Previously, some studies have reported the diagnostic performance of AI models for chest x-ray images from multiple institutions [51, 52] and a few x-ray machines [53]. However, none of them proposed a training pipeline to improve the diagnostic performance and investigated AI models regarding different machine specifications, including the type of detectors and generators. Furthermore, we trained and evaluated the AI models using raw image data from DICOM files without adjusting the window level and width, while many open datasets provide x-ray data in Portable Network Graphics or Joint Photographic Experts Group formats [20, 54]. We believe deploying an AI model optimized for DICOM files is more practical in clinics.

Throughout this study, we have chosen the two most common data augmentation techniques (i.e., random rotation and horizontal flipping) as the conventional ones. To find out the effect of other augmentations, we measured the diagnostic performance of AI models by applying different sets of augmentations, including random shearing (degree within [-15, 15]) and scaling (scaling factor within [0.8, 1.2]). However, no combination of augmentations was superior on the test datasets, even after adding more augmentations (see Supplementary Table S4).

When we investigated the diagnostic performance of AI for each abnormality, we found that some abnormalities were more challenging than others in terms of generalization (see Supplementary Table S5). For example, in the VHDR1 and IHDR2 datasets, the diagnostic performance for consolidation/ground glass opacity, pleural effusion, and pneumothorax were almost the same, while that for nodule/mass and fibrotic sequelae were degraded in IHDR2. However, the diagnostic performance was improved for all the abnormalities, after applying the XM-pipeline, compared to the baseline model.
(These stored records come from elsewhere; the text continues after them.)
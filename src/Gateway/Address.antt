-- ===== src/Gateway/Address.antt =====
-- Public Internet addresses and host names: `_public_address` and `_public_hostname` of gateway.py.
pub mod Public
use amazon_echo_home_voice.Prelude.{
  ℕ, ◌+◌, ◌-◌, ◌*◌, ◌/◌, ◌^◌, String, Bool, true, false, not, ◌&&◌, ◌||◌, Option, none, some, List,
  [], ◌∷◌, ◌==◌, leb, length, all, any, ◌≡◌, or_else, if◌then◌else◌,
}
use amazon_echo_home_voice.Python.{
  Python, Address, Result, ok, raised, ensure, required, gateway, gateway_error, foreign,
  value_error, Exn, codes, len, any_char, split, is_digit, is_lower, ◌>>=◌, ◌>>◌, ensure->>=-eq-ok,
  required->>=-eq-ok,
}

-- ipaddress.ip_network: an address of the network and the length of its prefix
pub record Network : Type 0 where
  pub version : ℕ
  pub base : ℕ
  pub prefix : ℕ

abbrev pub width : ℕ → ℕ
width version = if version == 4 then 32 else 128

-- address in network
unfoldable pub in_network : Address → Network → Bool
in_network a n =
    a.version == n.version
    && a.value / 2 ^ (width n.version - n.prefix) == n.base / 2 ^ (width n.version - n.prefix)

-- 2000::/3
abbrev pub ipv6_unicast : Network
ipv6_unicast = record { version = 6; base = 0x2000 * 2 ^ 112; prefix = 3 }

-- 192.0.0.0/24, 192.88.99.0/24, 2001::/23, 2002::/16 and 3fff::/20
abbrev pub special_networks : List Network
special_networks =
    record { version = 4; base = 192 * 2 ^ 24; prefix = 24 }
    ∷ record { version = 4; base = 192 * 2 ^ 24 + 88 * 2 ^ 16 + 99 * 2 ^ 8; prefix = 24 }
    ∷ record { version = 6; base = 0x2001 * 2 ^ 112; prefix = 23 }
    ∷ record { version = 6; base = 0x2002 * 2 ^ 112; prefix = 16 }
    ∷ record { version = 6; base = 0x3fff * 2 ^ 112; prefix = 20 }
    ∷ []

-- The test `allowed` of `_public_address`.
unfoldable pub is_allowed : Address → Bool
is_allowed a =
    let allowed =
      a.is_global
      && not a.is_multicast
      && not a.is_reserved
      && not a.is_loopback
      && not a.is_link_local
      && not a.is_unspecified
      && not (any (λ network. in_network a network) special_networks) in
    if a.version == 6 then allowed && (in_network a ipv6_unicast && not a.ipv4_mapped) else allowed

abbrev pub not_public : Exn
not_public =
    gateway_error "Gateway must resolve only to public Internet addresses" (some value_error)

abbrev pub invalid_hostname : Exn
invalid_hostname = gateway "Invalid public gateway hostname"

-- re.fullmatch(r"[a-z0-9](?:[a-z0-9-]{0,61}[a-z0-9])?", label)
abbrev pub label_char : ℕ → Bool
label_char c = is_digit c || is_lower c

abbrev pub last_is : (ℕ → Bool) → List ℕ → Bool
last_is p [] = false
last_is p (c ∷ []) = p c
last_is p (c ∷ cs) = last_is p cs

abbrev pub first_is : (ℕ → Bool) → List ℕ → Bool
first_is p [] = false
first_is p (c ∷ cs) = p c

unfoldable pub is_label : String → Bool
is_label label =
    let cs = codes label in
    first_is label_char cs
    && last_is label_char cs
    && leb (length cs) 63
    && all (λ c. label_char c || c == b'-') cs

-- The ASCII name, behind `except ValueError`.
unfoldable pub dns_name : String → Result String
dns_name hostname = do
  let labels = split b'.' hostname
  ensure (leb (len hostname) 253) invalid_hostname
  ensure (leb 2 (length labels)) invalid_hostname
  ensure (all is_label labels) invalid_hostname
  ok hostname

module _ (py : Python) where
  -- _public_address
  unfoldable pub public_address : String → Result Address
  public_address value = do
    ensure (not (any_char (λ c. c == b'%') value)) not_public
    address ← required (py.ip_address value) not_public
    ensure (is_allowed address) not_public
    ok address

  unfoldable pub ip_or_name : String → Option Address → Result String
  ip_or_name hostname none = dns_name hostname
  ip_or_name hostname (some address) = public_address address.printed >>= λ _. ok address.printed

  -- _public_hostname
  unfoldable pub public_hostname : String → Result String
  public_hostname url = do
    parsed ← required (py.urlsplit url) (foreign value_error)
    let hostname = or_else parsed.hostname ""
    ensure (leb (len url) 2048) invalid_hostname
    ensure (not (any_char (λ c. c == b'%') hostname)) invalid_hostname
    ip_or_name hostname (py.ip_address hostname)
This study has limitations. First, we could not fully explore the optimal parameters of the XM-pipeline (e.g., range of sharpness coefficient). Therefore, the diagnostic performance can still be improved. Second, we adopted the most common image processing techniques for comparison, such as HE, CLAHE, and UM. However, other techniques exist to normalize chest x-ray images, such as [55]. Third, even if we carefully designed the data augmentation techniques in the XM-pipeline, those techniques are still limited to reflect the changes of image characteristics in chest x-rays. In the future, more realistic algorithms, such as the Monte Carlo method for x-ray scattering [56], can be explored as advanced data augmentation techniques. Fourth, we have validated the diagnostic performance of the AI models for classifying common pulmonary abnormalities, but other applications, such as COVID-19 detection [1], might be addressed as future work. Fifth, in this study, quality control of chest x-rays was only performed on private datasets. Other large open datasets, such as CheXpert [20], might need to be reviewed by radiologists to prevent potential labeling issues [57, 58].
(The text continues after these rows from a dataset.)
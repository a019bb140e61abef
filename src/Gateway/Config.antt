-- ===== src/Gateway/Config.antt =====
-- `GatewayConfig` of gateway.py: the checks of `__post_init__`, and `from_env`.
-- Timeouts are whole microseconds.
pub mod Safe
use Prim.Native.String.{◌++◌ as append}
use amazon_echo_home_voice.Prelude.{
  ℕ, pos, String, Bool, true, false, not, ◌&&◌, ◌||◌, bool_eq, Option, none, some, ltb, leb, ◌==◌,
  str_eq, is_some, or_else, if◌then◌else◌,
}
use amazon_echo_home_voice.Python.{
  Python, Url, Number, int, float, Float, num_le, Result, ok, raised, ensure, required, gateway,
  gateway_error, value_error, codes, len, all_chars, any_char, nonempty, between, ◌>>=◌, ◌>>◌,
}
use amazon_echo_home_voice.Gateway.Address.{public_hostname}

pub record GatewayConfig : Type 0 where
  pub url : String
  pub read_token : String
  pub cf_client_id : String
  pub cf_client_secret : String
  pub timeout_seconds : ℕ
  pub max_age_seconds : Number
  pub public_only : Bool

-- 0.1 and 4 seconds
abbrev pub min_timeout : ℕ
min_timeout = 100_000

abbrev pub max_timeout : ℕ
max_timeout = 4_000_000

-- _header_value
unfoldable pub header_value : String → String → Bool → Result (Unit {0})
header_value value name is_required =
    ensure
      (not (
        (is_required && not (nonempty value))
        || ltb 4096 (len value)
        || any_char (λ c. ltb c 33 || ltb 126 c) value))
      (gateway (append "Invalid " (append name " configuration")))

abbrev empty_text : Option String → Bool
empty_text none = true
empty_text (some s) = not (nonempty s)

abbrev default_port : Option (Option ℕ) → Bool
default_port none = false
default_port (some none) = true
default_port (some (some n)) = n == 443

module _ (py : Python) where
  -- The conjunction of `__post_init__`; a port that cannot be read is a ValueError.
  unfoldable pub url_parts : String → Url → Bool
  url_parts url parsed =
      str_eq parsed.scheme "https"
      && not (empty_text parsed.hostname)
      && not (is_some parsed.username)
      && not (is_some parsed.password)
      && str_eq parsed.path "/v1/energy"
      && not (nonempty parsed.query)
      && not (nonempty parsed.fragment)
      && default_port parsed.port
      && not (any_char (λ c. py.is_space c || ltb c 32) url)

  unfoldable pub valid_url : String → Bool
  valid_url url = elim (py.urlsplit url) [ none ↦ false | some parsed ↦ url_parts url parsed ]

  -- __post_init__
  unfoldable pub post_init : GatewayConfig → Result GatewayConfig
  post_init config = do
    ensure (valid_url config.url)
        (gateway "IGW_URL must be an HTTPS /v1/energy endpoint on port 443")
    header_value config.read_token "IGW_READ_TOKEN" true
    header_value config.cf_client_id "CF_ACCESS_CLIENT_ID" false
    header_value config.cf_client_secret "CF_ACCESS_CLIENT_SECRET" false
    ensure (bool_eq (nonempty config.cf_client_id) (nonempty config.cf_client_secret))
        (gateway "Cloudflare Access credentials must be configured together")
    ensure (leb min_timeout config.timeout_seconds && leb config.timeout_seconds max_timeout)
        (gateway "IGW_TIMEOUT_SECONDS must be between 0.1 and 4")
    ensure
        (num_le (int (pos 1)) config.max_age_seconds
          && num_le config.max_age_seconds (int (pos 60)))
        (gateway "IGW_MAX_AGE_SECONDS must be between 1 and 60")
    let hostname = public_hostname py config.url
    if config.public_only then (hostname >>= λ _. ok config) else ok config

  abbrev not_numeric : Result GatewayConfig
  not_numeric = raised (gateway_error "Invalid numeric gateway configuration" (some value_error))

  -- from_env
  unfoldable pub from_env : (String → Option String) → Result GatewayConfig
  from_env environ = do
    timeout ←
        required (py.parse_seconds (or_else (environ "IGW_TIMEOUT_SECONDS") "3"))
          (gateway_error "Invalid numeric gateway configuration" (some value_error))
    max_age ←
        required (py.parse_float (or_else (environ "IGW_MAX_AGE_SECONDS") "30"))
          (gateway_error "Invalid numeric gateway configuration" (some value_error))
    post_init (record {
      url = or_else (environ "IGW_URL") "";
      read_token = or_else (environ "IGW_READ_TOKEN") "";
      cf_client_id = or_else (environ "CF_ACCESS_CLIENT_ID") "";
      cf_client_secret = or_else (environ "CF_ACCESS_CLIENT_SECRET") "";
      timeout_seconds = timeout;
      max_age_seconds = float max_age;
      public_only = false;
    })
In summary, the diagnostic performance of the AI model with the XM-pipeline was consistently higher than those of the other models with the conventional pipelines when they were evaluated on the test datasets of different x-ray machine specifications. This result implies that applying the XM-pipeline can minimize the performance degradation of the AI model due to the changes in x-ray machine specifications.